The important principle of universal jurisdiction is founded upon the presumption of solidarity between all sovereigns in the fight against crime.  Moreover, the case for universal jurisdiction is strengthened whenever extradition is difficult or impossible to achieve. And it is built into the four Geneva Conventions of August 12, 1949.


Traditionally, piracy and slave trading were the only offenses warranting universal jurisdiction.  Following World War II, however, states have generally recognized an expansion of universal jurisdiction to include crimes of war; crimes against peace; crimes against humanity; torture; genocide; and crimes of terrorism. For the most part, this purposeful jurisdictional expansion has its origins in certain multilateral conventions, in customary international law, and in certain pertinent judicial decisions.

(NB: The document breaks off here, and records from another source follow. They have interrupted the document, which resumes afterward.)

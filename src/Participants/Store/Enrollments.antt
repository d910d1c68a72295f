-- ===== src/Participants/Store/Enrollments.antt =====
-- The enrollment statements of apps/gateway/src/GatewayStore.js.
use creator_first_platform.Base.{ℕ, Bool, true, false, Option, none, some, ◌&&◌, ◌==◌}
use creator_first_platform.Base.Exec.Codes.{Code}
use creator_first_platform.Base.Table.{select, update, insert}
use creator_first_platform.Participants.Rows.{
  EnrollmentState, ready_for_approval, approval_submitted, approved, approval_failed,
  funding_submitted, funded, funding_failed, Enrollment, EnrollmentEvent, Database,
}

abbrev pub has_enrollment : ℕ → Enrollment → Bool
has_enrollment id r = r.invitation_id == id

-- `state IN ('READY_FOR_APPROVAL', 'APPROVAL_FAILED')`
abbrev pub awaits_approval : EnrollmentState → Bool
awaits_approval ready_for_approval = true
awaits_approval approval_failed = true
awaits_approval _ = false

-- `state IN ('APPROVED', 'FUNDING_FAILED')`
abbrev pub awaits_funding : EnrollmentState → Bool
awaits_funding approved = true
awaits_funding funding_failed = true
awaits_funding _ = false

-- `state != 'FUNDED'`
abbrev pub is_unfunded : EnrollmentState → Bool
is_unfunded funded = false
is_unfunded _ = true

abbrev any_state : EnrollmentState → Bool
any_state _ = true

-- `COALESCE(?, column)`
abbrev pub coalesce_old {ℓ} : {A : Type ℓ} → Option A → Option A → Option A
coalesce_old none old = old
coalesce_old (some a) old = some a

unfoldable pub participant_enrollment : ℕ → Database → Option Enrollment
participant_enrollment id db = select (has_enrollment id) db.enrollments

-- `INSERT OR IGNORE`, by the primary key; the other two unique columns hold fresh 32-byte values.
unfoldable pub create_participant_enrollment : Enrollment → Database → Database
unfolding participant_enrollment
create_participant_enrollment value db = elim (participant_enrollment value.invitation_id db) [
  | none ↦ record db { enrollments = insert value db.enrollments }
  | some _ ↦ db
]

-- `UPDATE participant_enrollments SET f WHERE invitation_id = ? AND state …`
unfoldable pub update_enrollment :
    ℕ → (EnrollmentState → Bool) → (Enrollment → Enrollment) → Database → Database
update_enrollment id test f db = record db {
  enrollments = update (λ r. r.invitation_id == id && test r.state) f db.enrollments;
}

unfoldable pub mark_participant_enrollment_approval_submitted : ℕ → ℕ → ℕ → Database → Database
unfolding update_enrollment
mark_participant_enrollment_approval_submitted id tx now = update_enrollment id awaits_approval λ r.
    record r {
      state = approval_submitted;
      approval_tx_hash = some tx;
      last_error_code = none;
      updated_at = now;
    }

unfoldable pub mark_participant_enrollment_approved : ℕ → Option ℕ → ℕ → Database → Database
unfolding update_enrollment
mark_participant_enrollment_approved id tx now = update_enrollment id is_unfunded λ r. record r {
  state = approved;
  approval_tx_hash = coalesce_old tx r.approval_tx_hash;
  approval_confirmed_at = some now;
  last_error_code = none;
  updated_at = now;
}

unfoldable pub mark_participant_enrollment_funding_submitted : ℕ → ℕ → ℕ → Database → Database
unfolding update_enrollment
mark_participant_enrollment_funding_submitted id tx now = update_enrollment id awaits_funding λ r.
    record r {
      state = funding_submitted;
      funding_tx_hash = some tx;
      last_error_code = none;
      updated_at = now;
    }

unfoldable pub mark_participant_enrollment_funded : ℕ → Option ℕ → ℕ → ℕ → Database → Database
unfolding update_enrollment
mark_participant_enrollment_funded id tx amount now = update_enrollment id any_state λ r. record r {
  state = funded;
  funding_tx_hash = coalesce_old tx r.funding_tx_hash;
  funding_confirmed_at = some now;
  initial_funding_amount_atomic = some amount;
  last_error_code = none;
  updated_at = now;
}

pub data Phase : Type 0 where
  approval funding : Phase

abbrev pub failed_state : Phase → EnrollmentState
failed_state approval = approval_failed
failed_state funding = funding_failed

unfoldable pub fail_participant_enrollment : ℕ → Phase → Code → ℕ → Database → Database
unfolding update_enrollment
fail_participant_enrollment id phase code now =
    update_enrollment id is_unfunded
      λ r. record r { state = failed_state phase; last_error_code = some code; updated_at = now }

unfoldable pub record_participant_enrollment_event : EnrollmentEvent → Database → Database
record_participant_enrollment_event value db = record db {
  enrollment_events = insert value db.enrollment_events;
}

Terrorism is not the only crime in which Arafat and many of the subsequently released Palestinian prisoners were complicit.  Related Nuremberg-category crimes − including crimes of war and crimes against humanity − were also committed by these persons.  In this connection, my readers here in The Jewish Press should recall that units of the Palestine Liberation Army (PLA) served with Saddam Hussein’s forces in occupied Kuwait, making them, and Yasir Arafat personally (the legal principle of command responsibility is known as respondeat superior, or “Let the Master Answer”) responsible for multiple crimes of extraordinary horror and ferocity. As if these offenses were not enough of an affront to world law, many of the terrorists who have been released from Israeli jails in furtherance of the Oslo accords and the wider “peace process” quickly accepted assorted high positions in the Palestine Authority’s or Hamas’ “security forces.”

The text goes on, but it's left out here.